What is expected
Restate word for word the line with "(option_beq_iff template.title part.title).1" and the rest of the listing after it, ending at the final line, and include nothing else.

===== Records supplied

-- ===== src/Filter/Restoring.antt =====
-- e-util/e-filter-part.c and e-util/e-filter-rule.c: a rule that is written as XML and read back.
use e_mail_factory.Base.{
  ◌≡◌, refl, ◌∙◌, Text, text_eq, text_beq, option_beq, option_beq_iff, true, false, List, [], ◌∷◌,
  map, some, All, arith,
}
use e_mail_factory.Filter.{ElementClass, FilterPart}
use e_mail_factory.Filter.Parts.{eq_elements, part_eq, part_clone}
use e_mail_factory.Filter.Files.{
  ElementXml, encode_elements, part_xml_encode, decode_element, decode_value, decode_values,
  part_xml_decode,
}

module _ {ℓ} {E : Type ℓ} ⦃c : ElementClass E⦄ ⦃x : ElementXml E⦄ where
  -- The element has this name and can be stored.
  abbrev pub IsNamed : E → Text → Type 0
  IsNamed e name = (c.name e ≡ some name) × (x.is_storable e ≡ true)

  -- None of the elements has the name.
  abbrev pub IsAbsent : Text → List E → Type 0
  IsAbsent name es =
      All (λ e. (other : Text) × (IsNamed e other × (text_beq name other ≡ false))) es

  -- The elements of a part that was made of a template with these slots: each is of the type of its
  -- slot and has its name, no two have one name, and all can be stored.
  abbrev pub AreFilled : List E → List E → Type 0
  AreFilled [] [] = Unit
  AreFilled [] (_ ∷ _) = ⊥
  AreFilled (_ ∷ _) [] = ⊥
  AreFilled (slot ∷ slots) (e ∷ es) =
      ((name : Text) × (IsNamed e name
          × (c.name slot ≡ some name)
          × (c.same_type slot e ≡ true)
          × IsAbsent name es))
      × AreFilled slots es

  -- The value of an element is read into the slot of its name.
  decode_value-own :
      (slot e : E) (slots : List E) (name : Text)
      → IsNamed e name
      → c.name slot ≡ some name
      → decode_value (x.xml_encode e) (slot ∷ slots) ≡ x.xml_decode slot (x.xml_encode e) ∷ slots
  unfolding decode_value decode_element
  decode_value-own slot e slots name named same =
      let own : option_beq (c.name slot) (some name) ≡ true =
        (option_beq_iff (c.name slot) (some name)).1 same in
      rw (x.encode_name e) (rw (x.encode_prop e name named.1 named.0) (rw own refl))

  -- A slot of another name is passed.
  decode_value-other :
      (slot e : E) (slots : List E) (name other : Text)
      → IsNamed e other
      → c.name slot ≡ some name
      → text_beq name other ≡ false
      → decode_value (x.xml_encode e) (slot ∷ slots) ≡ slot ∷ decode_value (x.xml_encode e) slots
  unfolding decode_value decode_element
  decode_value-other slot e slots name other named same apart =
      rw (x.encode_name e) (rw (x.encode_prop e other named.1 named.0) (rw same (rw apart refl)))

  decode_values-other :
      (slot : E) (name : Text) (es slots : List E)
      → c.name slot ≡ some name
      → IsAbsent name es
      → decode_values (encode_elements es) (slot ∷ slots)
        ≡ slot ∷ decode_values (encode_elements es) slots
  unfolding decode_values encode_elements
  decode_values-other slot name [] slots same absent = refl
  decode_values-other slot name (e ∷ es) slots same ((other, (named, apart)), absent) =
      rw
        (
          decode_value-other slot e slots name other named same apart,
          decode_values,
          encode_elements,
        )
        (decode_values-other slot name es (decode_value (x.xml_encode e) slots) same absent)

  -- The elements that are read into the slots are equal to those that were written.
  pub eq_elements-decode_values :
      (slots es : List E)
      → AreFilled slots es
      → eq_elements (decode_values (encode_elements es) slots) es ≡ true
  unfolding eq_elements decode_values encode_elements
  eq_elements-decode_values [] [] filled = refl
  eq_elements-decode_values [] (e ∷ es) filled = elim filled [ ]
  eq_elements-decode_values (slot ∷ slots) [] filled = elim filled [ ]
  eq_elements-decode_values (slot ∷ slots) (e ∷ es) ((name, (named, same, typed, absent)), filled) =
      let read = x.xml_decode slot (x.xml_encode e) in
      let read_name = x.decode_name slot e name named.1 named.0 in
      rw (decode_value-own slot e slots name named same, decode_values, encode_elements)
        (rw (decode_values-other read name es slots read_name absent) (
          rw (x.decode_eq slot e name named.1 named.0 typed)
            (eq_elements-decode_values slots es filled)))

  AreFilled-map : (slots es : List E) → AreFilled slots es → AreFilled (map c.clone slots) es
  AreFilled-map [] [] filled = filled
  AreFilled-map [] (e ∷ es) filled = elim filled [ ]
  AreFilled-map (slot ∷ slots) [] filled = elim filled [ ]
  AreFilled-map (slot ∷ slots) (e ∷ es) ((name, (named, same, typed, absent)), filled) = (
    (name, (named, c.name_clone slot ∙ same, x.same_type_clone slot e ∙ typed, absent)),
    AreFilled-map slots es filled,
  )

  -- The part is made of the template, but for the values of its elements.
  abbrev pub IsInstance : FilterPart E → FilterPart E → Type 0
  IsInstance template part =
      (template.name ≡ part.name)
      × (template.title ≡ part.title)
      × (template.code ≡ part.code)
      × AreFilled template.elements part.elements

  -- What is read into a clone of the template is equal to the part that was written.
  pub part_eq-part_xml_decode :
      (template part : FilterPart E)
      → IsInstance template part
      → part_eq (part_xml_decode (part_xml_encode part) (part_clone template)) part ≡ true
  unfolding part_eq part_xml_decode part_xml_encode part_clone
  part_eq-part_xml_decode template part (names, titles, bodies, filled) =
      let read =
        eq_elements-decode_values _ _ (AreFilled-map template.elements part.elements filled) in
      ground (
        arith,
        (option_beq_iff template.name part.name).1 names,
        (option_beq_iff template.title part.title).1 titles,
        (option_beq_iff template.code part.code).1 bodies,
        read,
      )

==========

Answer box
        (option_beq_iff template.title part.title).1 titles,
        (option_beq_iff template.code part.code).1 bodies,
        read,
      )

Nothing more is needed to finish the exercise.